Because machines cannot get tired or stressed, attributions for errors are rather stable in contrast to human relationships. Humans tend to be more forgiving towards other humans. This reluctance to forgive a machine is assumed to be closely related to the second pillar of the PAS: All-or-none thinking with regards to automation performance. It means that people tend to think that automation either works perfectly or not at all. This all-or-none thinking could be one of the critical elements to distinguish trust in automation and trust in humans (Dzindolet et al., 2003).
The PAS is theorized as a model that includes both high expectations and all-or-none thinking. However, empirical evidence is not consistent, and these two dimensions may be distinct. More research is necessary in this space, especially given the frequency notions of PAS have been mentioned in trust in automation literature (Merrit et al., 2015). The data situation is also not entirely clear concerning trust. PAS seems to play a significant role when examining the effects on trust prior and after experiencing an error, and it may vary according to the different types of automation (types of automation see Parasuraman & Riley, 1997 as cited in Lyons & Guznov, 2018).
As the PAS is to be understood as a concept to interpret information, it is of specific relevance when the machine performance violates these expectations. Several psychological processes then arise to overcome this cognitive dissonance and find an explanation for why the machine did not do what it was supposed to do (the notion of transparency comes into play). Faulty human-automation interactions have (at least) two consequences: Disuse and Misuse. Let us look at an example: If I have a strong PAS:
Studies suggest that (1) all-or-none thinking is related to trust after experiencing an error and (2) high expectations are related to trust before experiencing an error (Lyons & Guznov, 2018; Merrit et al., 2015). Understanding how these two concepts or the PAS as a whole works should shed more light on the calibration of trust and, thus, more understanding of how users rely on automation. Next to broadening theoretical knowledge, the goal is also to understand how the correct usage/reliance can be fostered, for example, through user design or adapted training interventions.

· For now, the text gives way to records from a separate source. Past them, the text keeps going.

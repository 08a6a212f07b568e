-- ===== src/Tests/Generic.antt =====
-- Results about expiries, DEL, SET and SETRANGE at concrete inputs.
use mathlib.Core.Option
use lancelot.Base.{
  ◌≡◌, ◌<◌, refl, true, none, some, [], ◌∷◌, Bytes, codes, length, get_or, ◌^◌, ◌-◌, arith,
  if◌then◌else◌, bytes_eq,
}
use lancelot.Base.Int.{pos}
use lancelot.Base.BigEndian.{be_bytes}
use lancelot.Base.{some}
use lancelot.Store.Txn.{Txn}
use lancelot.Command.Reply.{simple_int}
use lancelot.Base.Decimal.{parse_int, parse_digits}
use lancelot.Utils.Hash.{get_shard, sum64}
use lancelot.Store.Kv.{found, missing}
use lancelot.Store.Error.{ok}
use lancelot.Store.Txn.{max_key_size, get, put, del, lock_first, write, erase}
use lancelot.Command.Object.{
  Object, bytes_of, object_key, object_encode, ttl_key, get_ttl_bytes, get_key_bytes, is_simple,
  unknown_type,
}
use lancelot.Command.Object.Codec.{decoded}
use lancelot.Command.Count.{get_count, new_count, set_count, encode_count}
use lancelot.Command.Access.{
  new_object, set_txn_object, write_object, count_change, size_count, add_to_count, clean_key,
  clean_apart, delete_key, minus_count,
}
use lancelot.Command.Access.Reads.{Stored, present}
use lancelot.Command.Reply.{ok_reply, slice_reply}
use lancelot.Command.Generic.{touch_or_delete}
use lancelot.Command.Generic.Expire.{expire_handle, set_expiry, ttl_entry}
use lancelot.Command.Generic.Laws.{set_expiry-ok, expire_handle-gone, touch_or_delete-gone}
use lancelot.Command.Strings.Set.{ExpireOption, no_options, kept_option, store_set, set_found}
use lancelot.Command.Strings.Set.Laws.{set_object, expiry_after, set_found-ok, set_found-entry}
use lancelot.Command.Strings.SetRange.{overwrite, byte_after, overwrite-get_or}
use lancelot.Tests.Memory.{mem_kv, mem_laws}
use lancelot.Tests.Objects.{text, text_key, t0, text-Stored, data_key}

expiry_done : (set_expiry text_key (pos 9000) text t0).0 ≡ ok (pos 1)
unfolding set_expiry ttl_entry is_simple set_txn_object write_object count_change put lock_first
    write object_key ttl_key get_ttl_bytes get_key_bytes be_bytes object_encode
expiry_done = refl

abbrev later : Object
later = record text { ttl = pos 9000; timestamp = t0.timestamp }

set_expiry-ok_example :
    (mem_kv.get (set_expiry text_key (pos 9000) text t0).1.store text_key
      ≡ found (object_encode later))
    × (mem_kv.get (set_expiry text_key (pos 9000) text t0).1.store (bytes_of (ttl_key later))
        ≡ found (ttl_entry later))
set_expiry-ok_example =
    set_expiry-ok mem_laws text_key (pos 9000) text t0 (pos 1) data_key (omega arith) expiry_done

abbrev name : Bytes
name = codes "n"

same_key : object_key (new_object t0 unknown_type name) ≡ text_key
unfolding new_object object_key get_key_bytes be_bytes
same_key = refl

short : length (object_key (new_object t0 unknown_type name)) < max_key_size
unfolding new_object object_key get_key_bytes be_bytes
short = omega arith

there : Stored t0 (object_key (new_object t0 unknown_type name)) (present text)
there = rw same_key text-Stored

delete_done :
    (delete_key
      (object_key (new_object t0 unknown_type name))
      (decoded text (new_object t0 unknown_type name))
      t0.now
      minus_count
      t0).0
    ≡ ok tt
unfolding delete_key clean_key clean_apart is_simple set_txn_object write_object count_change
    size_count add_to_count get_count new_count set_count get_shard sum64 get put del lock_first
    write erase new_object decoded object_key ttl_key get_ttl_bytes get_key_bytes be_bytes
    encode_count bytes_eq
delete_done = refl

touch_or_delete-gone_example :
    ((touch_or_delete true 0 (name ∷ []) t0).0 ≡ ok 1)
    × (mem_kv.get
          (touch_or_delete true 0 (name ∷ []) t0).1.store
          (object_key (new_object t0 unknown_type name))
        ≡ missing)
touch_or_delete-gone_example =
    touch_or_delete-gone mem_laws name text t0 short there refl (omega arith) delete_done

-- Two seconds after the epoch, and a number of seconds just below the bound of EXPIRE.
abbrev t2 : Txn mem_kv
t2 = record t0 { now = pos 2000 }

abbrev many_seconds : Bytes
many_seconds = codes "9223372036854774"

parse-many_seconds : parse_int many_seconds ≡ some (pos 9223372036854774)
unfolding parse_int parse_digits
parse-many_seconds = refl

short_at_two : length (object_key (new_object t2 unknown_type name)) < max_key_size
unfolding new_object object_key get_key_bytes be_bytes
short_at_two = omega arith

same_at_two : object_key (new_object t2 unknown_type name) ≡ text_key
unfolding new_object object_key get_key_bytes be_bytes
same_at_two = refl

there_at_two : Stored t2 (object_key (new_object t2 unknown_type name)) (present text)
there_at_two = rw same_at_two text-Stored

delete_at_two :
    (delete_key
      (object_key (new_object t2 unknown_type name))
      (decoded text (new_object t2 unknown_type name))
      t2.now
      minus_count
      t2).0
    ≡ ok tt
unfolding delete_key clean_key clean_apart is_simple set_txn_object write_object count_change
    size_count add_to_count get_count new_count set_count get_shard sum64 get put del lock_first
    write erase new_object decoded object_key ttl_key get_ttl_bytes get_key_bytes be_bytes
    encode_count bytes_eq
delete_at_two = refl

expire_handle-gone_example :
    ((expire_handle (λ n. pos 0) (name ∷ many_seconds ∷ []) t2).0 ≡ simple_int (pos 1))
    × (mem_kv.get
          (expire_handle (λ n. pos 0) (name ∷ many_seconds ∷ []) t2).1.store
          (object_key (new_object t2 unknown_type name))
        ≡ missing)
expire_handle-gone_example =
    expire_handle-gone mem_laws (λ n. pos 0) name many_seconds 2000 9223372036854774 text t2 refl
      (omega arith) (record { above = omega arith; below = omega arith }) parse-many_seconds refl
      (omega arith) short_at_two there_at_two refl delete_at_two

abbrev in_a_minute : ExpireOption
in_a_minute = record no_options { expire = pos 61000 }

set_done : (set_found name (codes "x") in_a_minute text t0).0 ≡ ok (ok_reply Bytes)
unfolding set_found kept_option store_set new_object set_txn_object write_object count_change put
    lock_first write object_key ttl_key get_ttl_bytes get_key_bytes be_bytes object_encode del
set_done = refl

set_found-ok_example :
    (ok_reply Bytes ≡ (if in_a_minute.get then slice_reply text.value else ok_reply Bytes))
    × (mem_kv.get
          (set_found name (codes "x") in_a_minute text t0).1.store
          (object_key (set_object name (codes "x") (expiry_after in_a_minute text) t0))
        ≡ found (object_encode (set_object name (codes "x") (expiry_after in_a_minute text) t0)))
set_found-ok_example =
    set_found-ok mem_laws name (codes "x") in_a_minute text t0 (ok_reply Bytes) (λ e. cc) set_done

set_found-entry_example :
    mem_kv.get
      (set_found name (codes "x") in_a_minute text t0).1.store
      (bytes_of (ttl_key (set_object name (codes "x") (expiry_after in_a_minute text) t0)))
    ≡ found (1 ∷ [])
set_found-entry_example =
    set_found-entry mem_laws name (codes "x") in_a_minute text t0 (ok_reply Bytes) (λ e. cc) refl
      refl set_done

overwrite-get_or_example :
    Option.map (λ value. get_or value 3 0) (overwrite (codes "ab") 4 (codes "cd"))
    ≡ some (byte_after (codes "ab") 4 (codes "cd") 3)
overwrite-get_or_example = overwrite-get_or (codes "ab") 4 (codes "cd") 3

-- At the greatest int the end of the written bytes wraps, and SETRANGE panics.
setrange_panics : overwrite (codes "ab") (2 ^ 63 - 1) (codes "cd") ≡ none
unfolding overwrite
setrange_panics = refl
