-- ===== src/Tests/Iterators.antt =====
-- A result about iterators side by side at a concrete input.
use lancelot.Base.{refl, [], ◌∷◌, Bytes, bytes_lt, arith}
use lancelot.Store.Kv.{ended, item}
use lancelot.Store.Merge.{IterScan, new_iter_scan, until}
use lancelot.Store.Merge.Seek.{IsSeeking, Answers, pending, until-Answers}

-- The keys 1 5 and 1 7 below the prefix 1.
abbrev iter : IterScan Bytes
iter = new_iter_scan (1 ∷ []) 0 (item (1 ∷ 5 ∷ []) (8 ∷ []) (item (1 ∷ 7 ∷ []) (9 ∷ []) ended))

iter-IsSeeking : IsSeeking iter
unfolding bytes_lt new_iter_scan
iter-IsSeeking = record {
  order = ((refl, tt), (tt, tt));
  below = ((5 ∷ [], refl), ((7 ∷ [], refl), tt));
  unbroken = refl;
  fresh = λ e. refl;
}

until-Answers_example : Answers iter.prefix (7 ∷ []) (pending iter) (until (7 ∷ []) iter)
until-Answers_example =
    until-Answers (7 ∷ []) iter iter-IsSeeking (λ e n. absurd (ground (arith, n)))
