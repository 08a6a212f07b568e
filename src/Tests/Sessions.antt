-- ===== src/Tests/Sessions.antt =====
-- Results about MULTI and EXEC at concrete inputs.
use lancelot.Base.{
  ◌≡◌, ◌≢◌, refl, true, false, none, some, List, [], ◌∷◌, ◌++◌, Bytes, codes, length, replicate,
  bytes_eq,
}
use lancelot.Store.Error.{transaction_discarded}
use lancelot.Base.BigEndian.{be_bytes}
use lancelot.Store.Txn.{get}
use lancelot.Command.Object.{object_key}
use lancelot.Command.Access.{with_object, get_txn_object}
use lancelot.Command.Strings.Read.{get_handle}
use lancelot.Command.Reply.{failure, ok_reply, null}
use lancelot.Command.Session.{
  Conn, run_pending, Request, Session, one, many, queued, silent, to_lower, unwatches,
}
use lancelot.Command.Session.Control.{exec}
use lancelot.Command.Session.Connection.{quit}
use lancelot.Command.Session.Serve.{kind_of, of_multi, of_exec, of_txn, dispatch, serve, serve_all}
use lancelot.Command.Session.Laws.{IsKnown, IsInner, at_once, serve_all-at_once}
use lancelot.Command.Session.Laws.Abort.{exec-unknown, serve_all-server}
use lancelot.Command.Session.Laws.Commit.{Executed, exec-Executed}
use lancelot.Command.Session.Laws.Reachable.{start, step, IsWell, view, Reaches-IsWell}
use lancelot.Tests.Memory.{mem_kv, mem_client, handlers, conn}

abbrev request : Bytes → List Bytes → Request
request name args = record { name = name; args = args }

abbrev get_it : Request
get_it = request (codes "GET") (codes "n" ∷ [])

abbrev frobnicate : Request
frobnicate = request (codes "frobnicate") []

abbrev multi_it : Request
multi_it = request (codes "MULTI") []

abbrev exec_it : Request
exec_it = request (codes "exec") []

multi_kind : kind_of multi_it.name ≡ of_multi
unfolding kind_of bytes_eq
multi_kind = refl

exec_kind : kind_of exec_it.name ≡ of_exec
unfolding kind_of bytes_eq
exec_kind = refl

frobnicate_kind : kind_of frobnicate.name ≡ of_txn
unfolding kind_of bytes_eq
frobnicate_kind = refl

frobnicate_unknown : handlers.table (to_lower frobnicate.name) ≡ none
unfolding bytes_eq
frobnicate_unknown = refl

get_kind : kind_of get_it.name ≡ of_txn
unfolding kind_of bytes_eq
get_kind = refl

get_entry : handlers.table (to_lower get_it.name) ≢ none
unfolding bytes_eq
get_entry h = cc

get_it-IsKnown : IsKnown handlers get_it
get_it-IsKnown = record { kind = get_kind; entry = get_entry }

get_it-IsInner : IsInner get_it
unfolding kind_of bytes_eq
get_it-IsInner = record {
  not_exec = λ e. cc;
  not_discard = λ e. cc;
  not_quit = λ e. cc;
  not_subscribe = λ e. cc;
  not_psubscribe = λ e. cc;
}

serve_all-at_once_example :
    serve_all handlers (multi_it ∷ (get_it ∷ []) ++ exec_it ∷ []) (conn none) ≡ (
      one (ok_reply Bytes) ∷ replicate (length (get_it ∷ [])) queued
          ++ (at_once handlers (get_it ∷ []) (conn none)).0 ∷ [],
      (at_once handlers (get_it ∷ []) (conn none)).1,
    )
serve_all-at_once_example =
    serve_all-at_once handlers multi_it exec_it (get_it ∷ []) (conn none) refl multi_kind refl
      exec_kind refl refl (get_it-IsKnown, tt)

-- A session in MULTI with a GET queued.
abbrev in_multi : Session mem_kv
in_multi = record {
  multi = true;
  watch = false;
  pending_err = false;
  pending = get_it ∷ [];
  txn = none;
}

exec-unknown_example :
    serve handlers exec_it (serve_all handlers (frobnicate ∷ get_it ∷ []) (conn (some in_multi))).1
    ≡ (
      one (failure transaction_discarded),
      record (conn (some in_multi)) {
        session = none;
        trace = (serve_all handlers (frobnicate ∷ get_it ∷ []) (conn (some in_multi))).1.trace;
      },
    )
exec-unknown_example =
    exec-unknown handlers frobnicate exec_it (get_it ∷ []) (conn (some in_multi)) in_multi refl refl
      refl frobnicate_kind frobnicate_unknown (get_it-IsInner, tt) exec_kind refl

serve_all-server_example :
    (serve_all handlers (get_it ∷ get_it ∷ []) (conn (some in_multi))).1.server
    ≡ (conn (some in_multi)).server
serve_all-server_example =
    serve_all-server handlers (get_it ∷ get_it ∷ []) (conn (some in_multi)) in_multi refl refl refl
      (get_it-IsInner, (get_it-IsInner, tt))

exec_done : (exec handlers exec_it (conn (some in_multi))).0 ≡ many (null ∷ [])
unfolding exec run_pending bytes_eq get_handle with_object get_txn_object get object_key be_bytes
exec_done = refl

exec-Executed_example :
    Executed mem_client handlers
      (conn (some in_multi))
      (exec handlers exec_it (conn (some in_multi))).1
      (null ∷ [])
exec-Executed_example = exec-Executed handlers exec_it (conn (some in_multi)) (null ∷ []) exec_done

-- After MULTI and a GET.
abbrev after_multi : Conn mem_kv mem_client
after_multi = (serve handlers multi_it (conn none)).1

abbrev after_get : Conn mem_kv mem_client
after_get = (serve handlers get_it after_multi).1

Reaches-IsWell_example : IsWell handlers (view after_get.session)
Reaches-IsWell_example =
    Reaches-IsWell handlers (conn none) after_get refl
      (step get_it after_multi after_get (step multi_it (conn none) after_multi start refl) refl)

-- QUIT closes the connection, and what comes after it gets nothing.
quit_closes :
    (serve_all handlers (request (codes "QUIT") [] ∷ get_it ∷ []) (conn (some in_multi))).0
    ≡ one (ok_reply Bytes) ∷ silent ∷ []
unfolding serve_all serve dispatch kind_of quit bytes_eq
quit_closes = refl

-- A queued UNWATCH clears the flag of WATCH; one with arguments is an error, and does not.
unwatch_clears : unwatches (get_it ∷ request (codes "UNWATCH") [] ∷ []) ≡ true
unfolding bytes_eq
unwatch_clears = refl

unwatch_args : unwatches (request (codes "unwatch") (codes "n" ∷ []) ∷ []) ≡ false
unfolding bytes_eq
unwatch_args = refl
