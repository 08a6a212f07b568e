-- ===== src/Tests/Strings.antt =====
-- Results about the string commands at concrete inputs.
use lancelot.Base.{
  ℕ, ◌≡◌, ◌↔◌, ◌<◌, refl, none, some, [], ◌∷◌, Bytes, codes, length, bytes_eq, arith, if◌then◌else◌,
  ◌&&◌,
}
use lancelot.Base.Int.{
  int64_of, uint64_of, pos, negsuc, ◌≤ℤ◌, ◌<ℤ◌, min_int64, max_int64, ◌+ℤ◌, leb_ℤ,
}
use lancelot.Base.BigEndian.{be_bytes, be_value}
use lancelot.Base.Decimal.{parse_int, parse_digits, format_int, format_nat, format_loop}
use lancelot.Store.Kv.{found}
use lancelot.Store.Error.{ok, overflow}
use lancelot.Store.Txn.{max_key_size, get, put, del, lock_first, write, erase}
use lancelot.Command.Object.{
  string_type, object_key, object_encode, object_decode, get_key_bytes, get_ttl_bytes, ttl_key,
  is_simple,
}
use lancelot.Command.Object.Codec.{decoded}
use lancelot.Command.Access.{
  new_object, get_txn_object, with_object, examine, set_txn_object, write_object, count_change,
  no_change,
}
use lancelot.Command.Access.Reads.{present, Stored}
use lancelot.Command.Reply.{simple_int, bulk_int, set_error}
use lancelot.Command.Strings.Read.{get_range, get_string}
use lancelot.Command.Strings.Read.Range.{range_of, get_range-range_of, get_range-none_iff}
use lancelot.Command.Strings.Write.{
  set_string, store_string, store_if_missing, store_if_found, no_check,
}
use lancelot.Command.Strings.Write.Get.{get_string-set_string, set_string-others}
use lancelot.Command.Strings.Counter.{int_func, decr_by, incrby_handle, store_changed, is_zero}
use lancelot.Command.Strings.Counter.Laws.{added, int_func-added, decr_by-least}
use lancelot.Command.Strings.Counter.Handle.{with_sum, incrby_handle-eq, incrby_handle-sum}
use lancelot.Tests.Memory.{mem_kv, mem_laws}
use lancelot.Tests.Objects.{text, text_key, t0, text-Stored}

get_range-range_of_example :
    (get_range (codes "abcdef") (negsuc 2) (pos 9)).0
    ≡ some (range_of (codes "abcdef") (negsuc 2) (pos 9))
get_range-range_of_example = get_range-range_of (codes "abcdef") (negsuc 2) (pos 9) (omega arith)

get_range-none_iff_example :
    ((get_range [] (negsuc 0) (pos 1)).0 ≡ none)
    ↔ ((length {A = ℕ} [] ≡ 0) × (negsuc 0 ≤ℤ pos 1) × (negsuc 0 <ℤ pos 0))
get_range-none_iff_example = get_range-none_iff [] (negsuc 0) (pos 1)

parse-41 : parse_int (codes "41") ≡ some (pos 41)
unfolding parse_int parse_digits
parse-41 = refl

parse-1 : parse_int (codes "1") ≡ some (pos 1)
unfolding parse_int parse_digits
parse-1 = refl

parse-least : parse_int (codes "-9223372036854775808") ≡ some min_int64
unfolding parse_int parse_digits
parse-least = refl

int_func-added_example : int_func {F = Bytes} (pos 1) text ≡ added (pos 41) (pos 1) text
int_func-added_example =
    int_func-added {F = Bytes} (pos 41) (pos 1) text (codes "41") refl parse-41
      (record { above = omega arith; below = omega arith })

decr_by-least_example :
    decr_by {F = Bytes} (codes "-9223372036854775808") text ≡ added (pos 41) min_int64 text
decr_by-least_example =
    decr_by-least {F = Bytes} (pos 41) text (codes "-9223372036854775808") (codes "41") refl
      parse-41 parse-least

abbrev name : Bytes
name = codes "n"

same_key : object_key (new_object t0 string_type name) ≡ text_key
unfolding new_object object_key get_key_bytes be_bytes
same_key = refl

short : length (object_key (new_object t0 string_type name)) < max_key_size
unfolding new_object object_key get_key_bytes be_bytes
short = omega arith

there : Stored t0 (object_key (new_object t0 string_type name)) (present text)
there = rw same_key text-Stored

set_done : (set_string {kv = mem_kv} (λ n. pos 0) name (codes "7") (pos 0) no_check t0).0 ≡ ok tt
unfolding set_string store_string store_if_missing store_if_found with_object get_txn_object examine
    get put del lock_first write erase new_object object_key get_key_bytes be_bytes be_value
    bytes_eq object_encode object_decode is_simple set_txn_object write_object count_change ttl_key
    get_ttl_bytes int64_of uint64_of
set_done = refl

get_string-set_string_example :
    get_string name (set_string {kv = mem_kv} (λ n. pos 0) name (codes "7") (pos 0) no_check t0).1
    ≡ (
      ok (some (codes "7")),
      (set_string {kv = mem_kv} (λ n. pos 0) name (codes "7") (pos 0) no_check t0).1,
    )
get_string-set_string_example =
    get_string-set_string mem_laws (λ n. pos 0) name (codes "7") (present text) t0 short
      (omega arith) (omega arith) there refl refl set_done

set_string-others_example :
    mem_kv.get
      (set_string {kv = mem_kv} (λ n. pos 0) name (codes "7") (pos 0) no_check t0).1.store
      (object_key (new_object t0 string_type (codes "m")))
    ≡ mem_kv.get t0.store (object_key (new_object t0 string_type (codes "m")))
set_string-others_example =
    set_string-others mem_laws (λ n. pos 0) name (codes "m") (codes "7") (present text) t0 short
      (omega arith) there refl refl (λ e. absurd (ground (arith, e)))

incrby_handle-eq_example : incrby_handle (name ∷ codes "1" ∷ []) t0 ≡ (
    if is_zero (pos 1)
    then (bulk_int (pos 41), t0)
    else if leb_ℤ min_int64 (pos 41 +ℤ pos 1) && leb_ℤ (pos 41 +ℤ pos 1) max_int64
    then store_changed
        (object_key (new_object t0 string_type name))
        (record (decoded text (new_object t0 string_type name)) {
          value = some (format_int (pos 41 +ℤ pos 1));
        })
        no_change
        (pos 41 +ℤ pos 1)
        t0
    else set_error overflow t0)
incrby_handle-eq_example =
    incrby_handle-eq name (codes "1") (pos 41) (pos 1) text t0 short there refl refl parse-41
      parse-1

incr_done :
    (set_txn_object
      (object_key (new_object t0 string_type name))
      (with_sum (pos 42) name text t0)
      no_change
      t0).0
    ≡ ok tt
unfolding put lock_first write new_object object_key get_key_bytes be_bytes object_encode
    set_txn_object write_object count_change decoded format_int format_nat format_loop is_simple
incr_done = refl

incrby_handle-sum_example :
    ((incrby_handle (name ∷ codes "1" ∷ []) t0).0 ≡ simple_int (pos 41 +ℤ pos 1))
    × (mem_kv.get
          (incrby_handle (name ∷ codes "1" ∷ []) t0).1.store
          (object_key (new_object t0 string_type name))
        ≡ found (object_encode (with_sum (pos 41 +ℤ pos 1) name text t0)))
incrby_handle-sum_example =
    incrby_handle-sum mem_laws name (codes "1") (pos 41) (pos 1) text t0 short there refl refl
      parse-41 parse-1 refl (record { above = omega arith; below = omega arith }) incr_done
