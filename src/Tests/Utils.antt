-- ===== src/Tests/Utils.antt =====
-- Results about utils/ at concrete inputs.
use lancelot.Base.{
  ◌≡◌, ◌↔◌, refl, inl, true, ◌&&◌, some, [], ◌∷◌, bytes_lt, bytes_le, has_prefix, arith,
}
use lancelot.Base.Int.{pos, IsInt64, ◌+ℤ◌, max_int64}
use lancelot.Utils.Bytes.{prev_key, prefix_next}
use lancelot.Utils.Bytes.PrefixRange.{prefix_next_range}
use lancelot.Utils.Int.{valid_increment_int, valid_increment_int_iff}

prev_key-5_0 : prev_key (5 ∷ 0 ∷ []) ≡ some (4 ∷ 255 ∷ [])
unfolding prev_key
prev_key-5_0 = refl

prefix_next_range_example :
    (bytes_le (7 ∷ 255 ∷ []) (7 ∷ 255 ∷ 3 ∷ [])
      && bytes_lt (7 ∷ 255 ∷ 3 ∷ []) (prefix_next (7 ∷ 255 ∷ [])))
    ≡ has_prefix (7 ∷ 255 ∷ 3 ∷ []) (7 ∷ 255 ∷ [])
prefix_next_range_example =
    prefix_next_range (7 ∷ 255 ∷ []) (7 ∷ 255 ∷ 3 ∷ []) (omega arith, (omega arith, tt))
      (omega arith, (omega arith, (omega arith, tt))) (omega arith) (inl (ground arith))

valid_increment_int_iff_example :
    (valid_increment_int max_int64 (pos 1) ≡ true) ↔ IsInt64 (max_int64 +ℤ pos 1)
valid_increment_int_iff_example =
    valid_increment_int_iff max_int64 (pos 1) (record { above = omega arith; below = omega arith })
      (record { above = omega arith; below = omega arith })
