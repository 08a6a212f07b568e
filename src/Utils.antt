-- ===== src/Utils.antt =====
-- Package utils.
pub mod Bytes
pub mod Int
pub mod Hash
pub mod Bitmap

Merrit et al. (2015) were the first to operationalize PAS and developed a self-report measure assessing the two proposed factors. To measure PAS, the researchers came up with various creative experimental settings. How can researchers and practitioners design such an experiment?
A research setting is often the combination of a task done by an automated aid and a participant. Various questionnaires have to be filled out before, during, or after the task. In the study by Merrit et al. (2015), participants needed to complete a 30 trial X-Ray screening task, where the X-Rays were slides, like those screens at the airport security (to screen hand luggage). The participants’ task was to select whether the slide contained a weapon or not. An aid would give recommendations as well. There are many different settings. For example, experimenters manipulate reliability, like aid functions 100, 80, or 40 percent correctly. Another variation can be whether participants get training or performance feedback. The performance of the automation aid can also be ambiguous. Errors can be subtle, but also very obvious: For example, the automation aid classifies the image as safe, but there was a massive (highly visible) machine gun in the image.
In a study by Lyons & Guznov (2018), participants engaged in a video-game-like task. They had to watch a video of an unmanned ground vehicle, which displayed its route, where the viewer could see houses, people, and more. The automated aid screened the people in the video for their potential to be insurgents. The participant then must agree or disagree with the aid’s decision as the vehicle moved closer to the dangerous-looking person. The setting can also be manipulated, e.g., by varying performance reliability, the number of insurgents, or training.
Many studies use a higher-level type of automation giving a recommendation, or performing an action (information acquisition and analysis as lower-level automation, a taxonomy proposed by Parasuraman et al. 2000 as cited in Lyons & Guznov 2018).
The final Perfect Automation Schema Scale by Merrit et al. (2015) included four items for the High Expectations dimension and three items for the all-or-none belief on a 5-point Likert scale from strongly disagree to strongly agree. So all in all, participants of a study have to answer seven questions.
To measure if participants have a strong PAS, they would have high results (strongly agree) for questions like, Automated systems have 100% perfect performance (high expectations dimension) or If an automated system makes a mistake, then it is completely useless (all-or-none belief).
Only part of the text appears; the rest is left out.